# Rate this pretty boy model ?



## mido the slayer (Jan 23, 2019)

People say he kinda look like me
To me he mog opry and Chico


----------



## badromance (Jan 23, 2019)

7/10


----------



## Kenma (Jan 23, 2019)

Ugly skull 3/10


----------



## mido the slayer (Jan 23, 2019)

Kenma said:


> Ugly skull 3/10


He have beautiful oval face better then the ugly square face


----------



## Sc22 (Jan 23, 2019)

Pff opry and chico mogs this hard.


----------



## Coping (Jan 23, 2019)

Sc22 said:


> Pff opry and chico mogs this hard.





Chico is literally impossible to mog in his prime tbh


----------



## AncapFAG (Jan 23, 2019)

6.5


----------



## Deleted member 206 (Jan 23, 2019)

Cuckish high trust eye area, still 7/10


----------



## Absi (Jan 23, 2019)

6.5 / 7


----------



## Deleted member 470 (Jan 23, 2019)

Felix97 said:


> Cuckish high trust eye area


I'd rather be incel for life than have his cuck eyes and slay


----------



## androidcel (Jan 23, 2019)

No way he mogs Chico.


----------



## TheGoodGuy (Jan 23, 2019)

People are voting too low I´d say Chad starts at 8/10 and he definitely is.
Or maybe a high tier Chad-lite VERY close to Chad.


----------



## dodt (Jan 23, 2019)

6PSL ngl, almost a chadlite


----------



## Deleted member 616 (Jan 23, 2019)

6/10


----------



## Bur_01 (Jan 23, 2019)

Looks like a cuck


----------



## sogwigy (Jan 23, 2019)

Felix97 said:


> Cuckish high trust eye area, still 7/10


Still confused as to if this is good thing or bad thing.
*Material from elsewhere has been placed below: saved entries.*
-- ===== src/Payments/Gateway/Callback.antt =====
-- The gateway's notifications (`handle_payfast_callback` of services/payment_service.py). They only lead to a
-- reconciliation: the status service decides. The row of the notification is written where the operation ends.
use drip_marketplace.Prelude.{
  ℕ, Bool, true, false, not, ◌&&◌, ◌||◌, Option, none, some, ◌==◌, is_some, if◌then◌else◌,
}
use drip_marketplace.Db.{
  Tx, Result, Error, ok, err, pure, raise_if, gets, modify_db, ◌>>=◌, ◌>>◌, Db, Text, Order,
  Payment, PaymentAttempt, PaymentStatus, GatewayAudit, lookup, attempt_unavailable,
  callback_mismatch, stale_attempt, payment_mismatch, reference_taken, unexpected_reference,
  not_awaiting_payment, payment_not_confirmed, gateway_unavailable, not_found_payment,
  integrity_error,
}
use drip_marketplace.Texts.{is_blank, same_text, same_optional}
use drip_marketplace.Payments.Gateway.{Number, Gateway, Outcome, same_outcome, is_amount}
use drip_marketplace.Payments.Gateway.Reconcile.{
  AttemptRow, payfast, active_attempt, find_by_reference, is_elsewhere, is_paid, awaits_payment,
  Reconciled, keep_reply, write_audit, reconcile_payfast,
}
use drip_marketplace.Payments.Gateway.Checkout.{Answer}

-- What `parse_callback` of the gateway's client has read and checked; the basket is an identifier.
pub record Notification : Type 0 where
  pub basket : ℕ
  pub amount : Option Number
  pub currency : Option Text
  pub txn_id : Text
  pub is_success : Bool

-- `await self.db.commit()` and `raise`
abbrev pub reject : Option ℕ → Error → Tx (Answer (Unit {0}))
reject payment_id e = do
  modify_db (write_audit (GatewayAudit.notified payment_id false))
  pure (Answer.raised e)

abbrev pub accept : ℕ → Tx (Answer (Unit {0}))
accept payment_id = do
  modify_db (write_audit (GatewayAudit.notified (some payment_id) true))
  pure (Answer.done tt)

-- A basket is that of an attempt, or an order itself.
abbrev pub order_of : ℕ → Option PaymentAttempt → ℕ
order_of basket none = basket
order_of basket (some attempt) = attempt.payment_id

abbrev pub is_stale : ℕ → Option PaymentAttempt → Option AttemptRow → Bool
is_stale basket found none = false
is_stale basket found (some row) = not (is_some found && basket == row.0)

abbrev pub is_other_amount : ℕ → Option Number → Bool
is_other_amount amount none = false
is_other_amount amount (some number) = not (is_amount amount (some number))

abbrev pub is_other_currency : Text → Option Text → Bool
is_other_currency currency none = false
is_other_currency currency (some text) = not (same_text text currency)

unfoldable pub is_other_payment : Notification → Payment → Order → Bool
is_other_payment n payment order =
    (is_other_amount payment.amount n.amount || is_other_currency payment.currency n.currency)
    || (not (payment.amount == order.total) || is_blank n.txn_id)

abbrev pub claimed_outcome : Notification → Outcome
claimed_outcome n = if n.is_success then Outcome.completed else Outcome.failed

abbrev pub claimed_status : Notification → PaymentStatus → Bool
claimed_status n PaymentStatus.completed = n.is_success
claimed_status n PaymentStatus.failed = not n.is_success
claimed_status n _ = false

abbrev pub is_confirmed : Notification → Reconciled → Bool
is_confirmed n result =
    result.matched
    && (claimed_status n result.local_status && same_outcome result.outcome (claimed_outcome n))

-- Errors of other classes are not caught.
abbrev pub is_caught : Error → Bool
is_caught not_found_payment = false
is_caught integrity_error = false
is_caught _ = true

abbrev pub caught : Db → Result Db Reconciled → Result Db (Answer Reconciled)
caught db (ok result t) = ok (Answer.done result) t
caught db (err e) = if is_caught e then ok (Answer.raised e) db else err e

-- `reconcile_payfast` raises before it writes anything.
abbrev pub try_reconcile : ℕ → ℕ → Option Text → Gateway → Tx (Answer Reconciled)
try_reconcile now order_id expected gateway db =
    caught db (reconcile_payfast now order_id expected gateway db)

abbrev pub finish_callback : Notification → ℕ → Answer Reconciled → Tx (Answer (Unit {0}))
finish_callback n payment_id (Answer.raised e) = reject (some payment_id) e
finish_callback n payment_id (Answer.done result) =
    if is_confirmed n result
    then (modify_db (keep_reply payment_id) >> accept payment_id)
    else reject (some payment_id) payment_not_confirmed

abbrev pub ask_gateway : ℕ → Notification → Gateway → ℕ → Tx (Answer (Unit {0}))
ask_gateway now n gateway order_id =
    try_reconcile now order_id (some n.txn_id) gateway >>= finish_callback n order_id

unfoldable pub use_notification :
    ℕ → Notification → Gateway → ℕ → Payment → Order → Tx (Answer (Unit {0}))
use_notification now n gateway order_id payment order =
    if is_paid payment.status
    then if same_optional payment.gateway_reference (some n.txn_id)
      then accept order_id
      else reject (some order_id) unexpected_reference
    else if awaits_payment order.status
    then ask_gateway now n gateway order_id
    else reject (some order_id) not_awaiting_payment

abbrev pub use_unless_taken :
    ℕ → Notification → Gateway → ℕ → Payment → Order → Tx (Answer (Unit {0}))
use_unless_taken now n gateway order_id payment order = do
  duplicate ← find_by_reference n.txn_id
  if is_elsewhere order_id duplicate
      then reject (some order_id) reference_taken
      else use_notification now n gateway order_id payment order

unfoldable pub check_notification :
    ℕ → Notification → Gateway → ℕ → Payment → Order → Tx (Answer (Unit {0}))
check_notification now n gateway order_id payment order = do
  attempt ← active_attempt order_id
  found ← gets (λ db. lookup n.basket db.attempts)
  if is_stale n.basket found attempt
      then reject (some order_id) stale_attempt
      else if is_other_payment n payment order
      then reject (some order_id) payment_mismatch
      else use_unless_taken now n gateway order_id payment order

abbrev pub check_online :
    ℕ → Notification → Gateway → ℕ → Option Order → Option Payment → Tx (Answer (Unit {0}))
check_online now n gateway order_id (some order) (some payment) =
    if same_text payment.method payfast
    then check_notification now n gateway order_id payment order
    else reject none callback_mismatch
check_online now n gateway order_id _ _ = reject none callback_mismatch

unfoldable pub handle_parsed : ℕ → Gateway → Option Notification → Tx (Answer (Unit {0}))
handle_parsed now gateway none = reject none callback_mismatch
handle_parsed now gateway (some n) = do
  found ← gets (λ db. lookup n.basket db.attempts)
  payment ← gets (λ db. lookup (order_of n.basket found) db.payments)
  raise_if (is_some found && not (is_some payment)) attempt_unavailable
  order ← gets (λ db. lookup (order_of n.basket found) db.orders)
  check_online now n gateway (order_of n.basket found) order payment

-- `parsed` is none when the notification is invalid.
unfoldable pub handle_payfast_callback :
    ℕ → Bool → Option Notification → Gateway → Tx (Answer (Unit {0}))
handle_payfast_callback now gateway_open parsed gateway = do
  raise_if (not gateway_open) gateway_unavailable
  handle_parsed now gateway parsed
Also help me with eyebrow maxxing mine are gay af atm


----------



## Lorsss (Jan 23, 2019)

extremely above average


----------



## Deleted member 611 (Jan 23, 2019)

I wanna splash some magic darwjn juice on his face to make it melt away, me very envious rn

Pretty much 8/10


----------



## Fizzcomplete (Jan 23, 2019)

nice wall


----------



## Deleted member 611 (Jan 23, 2019)

Fizzcomplete said:


> nice wall


----------



## Blackpill Scholar (Jan 23, 2019)

Chico is overrated. He's 7.5/10 at best.
Sean O'Pry is 9/10.
This guy is 6.5/10. Needs better eye area to compete. Fourth pic is normie tier.


----------



## Coping (Jan 24, 2019)

Blackpill Scholar said:


> Chico is overrated. He's 7.5/10 at best.
> Sean O'Pry is 9/10.
> This guy is 6.5/10. Needs better eye area to compete. Fourth pic is normie tier.
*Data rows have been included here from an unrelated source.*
-- ===== src/Payments/Gateway/Reconciled.antt =====
-- A reconciliation pays by right only, and never touches what is paid.
use drip_marketplace.Prelude.{
  ℕ, ◌≡◌, refl, ◌∙◌, inl, inr, Bool, true, false, Option, none, some, List, arith, Bool-cases,
}
use drip_marketplace.Db.{
  Never, Db, Text, GatewayAudit, Order, OrderStatus, Payment, Ends, Ends-then, Ends-weaken, modify,
}
use drip_marketplace.Payments.Gateway.{Outcome}
use drip_marketplace.Payments.Gateway.Paid.{}
use drip_marketplace.Payments.Gateway.Reconcile.{
  PaymentRow, AttemptRow, is_paid, awaits_payment, Verdict, verdict, paid_payment, failed_payment,
  apply_verdict, resolves, resolve_attempt, Reconciled, status_after, is_matched, write_audit,
  settle_with,
}

abbrev pub payments_after : ℕ → ℕ → Text → Verdict → List PaymentRow → List PaymentRow
payments_after now id transaction Verdict.pay t = modify id (paid_payment now transaction) t
payments_after now id transaction Verdict.fail t = modify id failed_payment t
payments_after now id transaction _ t = t

abbrev pub confirmed_order : Order → Order
confirmed_order order = record order { status = OrderStatus.payment_confirmed }

abbrev pub orders_after : ℕ → Verdict → List (ℕ × Order) → List (ℕ × Order)
orders_after id Verdict.pay t = modify id confirmed_order t
orders_after id _ t = t

-- The tables after the verdict.
pub record Applied (now id : ℕ) (transaction : Text) (v : Verdict) (db u : Db) : Type 0 where
  pub payments : u.payments ≡ payments_after now id transaction v db.payments
  pub orders : u.orders ≡ orders_after id v db.orders

apply_verdict-Applied :
    (now id : ℕ) (transaction : Text) (v : Verdict) (db : Db)
    → Ends (λ _ u. Applied now id transaction v db u) Never (apply_verdict now id transaction v db)
unfolding apply_verdict
apply_verdict-Applied now id transaction Verdict.mismatch db = record {
  payments = refl;
  orders = refl;
}
apply_verdict-Applied now id transaction Verdict.paid_before db = record {
  payments = refl;
  orders = refl;
}
apply_verdict-Applied now id transaction Verdict.other_reference db = record {
  payments = refl;
  orders = refl;
}
apply_verdict-Applied now id transaction Verdict.pay db = record { payments = refl; orders = refl }
apply_verdict-Applied now id transaction Verdict.review db = record {
  payments = refl;
  orders = refl;
}
apply_verdict-Applied now id transaction Verdict.fail db = record { payments = refl; orders = refl }
apply_verdict-Applied now id transaction Verdict.nothing db = record {
  payments = refl;
  orders = refl;
}

resolve_attempt-same :
    (v : Verdict) (outcome : Outcome) (payment : Payment) (transaction : Text)
    (attempt : Option AttemptRow) (db : Db)
    → Ends
        (λ _ u. (u.payments ≡ db.payments) × (u.orders ≡ db.orders))
        Never
        (resolve_attempt v outcome payment transaction attempt db)
unfolding resolve_attempt
resolve_attempt-same v outcome payment transaction none db = (refl, refl)
resolve_attempt-same v outcome payment transaction (some row) db =
    elim (Bool-cases (resolves v outcome payment row.1)) [
      | inl resolved ↦ rw resolved (refl, refl)
      | inr kept ↦ rw kept (refl, refl)
    ]

-- What is answered.
abbrev pub answer_of : Outcome → Verdict → Payment → Reconciled
answer_of outcome v payment = record {
  outcome = outcome;
  local_status = status_after v payment.status;
  matched = is_matched v;
}

module _ (now id : ℕ) (payment : Payment) (attempt : Option AttemptRow) (outcome : Outcome)
    (transaction : Text) (v : Verdict) (db : Db) where
  abbrev Ok : Reconciled → Db → Type 0
  Ok a u = Applied now id transaction v db u × (a ≡ answer_of outcome v payment)

  pub settle_with-Applied :
      Ends Ok Never (settle_with now id payment attempt outcome transaction v db)
  unfolding settle_with
  settle_with-Applied =
      let audited : Db = write_audit (GatewayAudit.reconciled id (is_matched v)) db in
      Ends-then (apply_verdict now id transaction v) (λ _ t. Applied now id transaction v db t) Ok
        Never audited _
        (Ends-weaken (λ _ t. Applied now id transaction v audited t)
          (λ _ t. Applied now id transaction v db t) Never Never
          (apply_verdict now id transaction v audited)
          (apply_verdict-Applied now id transaction v audited)
          (λ _ t h. record { payments = h.payments; orders = h.orders }) (λ _ e. e))
        (λ _ t h.
          Ends-then (resolve_attempt v outcome payment transaction attempt)
            (λ _ u. (u.payments ≡ t.payments) × (u.orders ≡ t.orders)) Ok Never t _
            (resolve_attempt-same v outcome payment transaction attempt t)
            (λ _ u s. (record { payments = s.0 ∙ h.payments; orders = s.1 ∙ h.orders }, refl)))

-- What the verdicts rest on.
pub verdict-pay :
    (evidence : Bool) (outcome : Outcome) (payment : Payment) (order : Order) (transaction : Text)
    → verdict evidence outcome payment order transaction ≡ Verdict.pay
    → (evidence ≡ true)
      × (outcome ≡ Outcome.completed)
      × (is_paid payment.status ≡ false)
      × (awaits_payment order.status ≡ true)
unfolding verdict
verdict-pay false outcome payment order transaction e = absurd (ground arith)
verdict-pay true Outcome.completed payment order transaction e =
    (refl, refl, ground arith, ground arith)
verdict-pay true Outcome.failed payment order transaction e = absurd (ground arith)
verdict-pay true Outcome.unknown payment order transaction e = absurd (ground arith)

pub verdict-fail :
    (evidence : Bool) (outcome : Outcome) (payment : Payment) (order : Order) (transaction : Text)
    → verdict evidence outcome payment order transaction ≡ Verdict.fail
    → is_paid payment.status ≡ false
unfolding verdict
verdict-fail false outcome payment order transaction e = absurd (ground arith)
verdict-fail true Outcome.completed payment order transaction e = absurd (ground arith)
verdict-fail true Outcome.failed payment order transaction e = ground arith
verdict-fail true Outcome.unknown payment order transaction e = absurd (ground arith)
Def not overrated tbh he has the best facial harmony out there opry is top tier as well but his eyes look autistic, most girls would pick Chico as well. Both 8+ for sure tho. Stephen James mogs both in terms of slaying


----------



## Blackpill Scholar (Jan 24, 2019)

Coping said:


> View attachment 15645
> View attachment 15646
> 
> 
> Def not overrated tbh he has the best facial harmony out there opry is top tier as well but his eyes look autistic, most girls would pick Chico as well. Both 8+ for sure tho. Stephen James mogs both in terms of slaying


Literally nothing autistic about his eyes. Maybe he's squintmaxxing in some photos, though. They all slay equally since they're at least 7.5 tier.


----------



## Coping (Jan 24, 2019)

Blackpill Scholar said:


> Literally nothing autistic about his eyes. Maybe he's squintmaxxing in some photos, though. They all slay equally since they're at least 7.5 tier.






Idk wtf is up with his eyes in those but in most others they look good


----------



## Kenma (Jan 24, 2019)

He's going to look like an aging lesbian by 35


----------



## Deleted member 611 (Jan 24, 2019)

>?

Gay


----------



## mido the slayer (Jan 24, 2019)

Psychonaut said:


> >?
> 
> Gay


He isn’t not gay lol but man the first photo of him I mean this




He looks so good that I have not seen someone beautiful as him a boy or a girl imagine the validation he get from women, and his hair is top tier but his nose kinda kills him.


----------



## Deleted member 611 (Jan 25, 2019)

mido the slayer said:


> He isn’t not gay lol but man the first photo of him I mean this
> View attachment 15902
> 
> He looks so good that I have not seen someone beautiful as him a boy or a girl imagine the validation he get from women, and his hair is top tier but his nose kinda kills him.


Stop being gay


----------



## mido the slayer (Jan 25, 2019)

Psychonaut said:


> Stop being gay


I’m not gay I’m just saying the truth I bet you melted when you saw him this forum we talk about looks so yea we might act gay sometimes but man this guy could get Stacie’s easier then me waking up in the morning


----------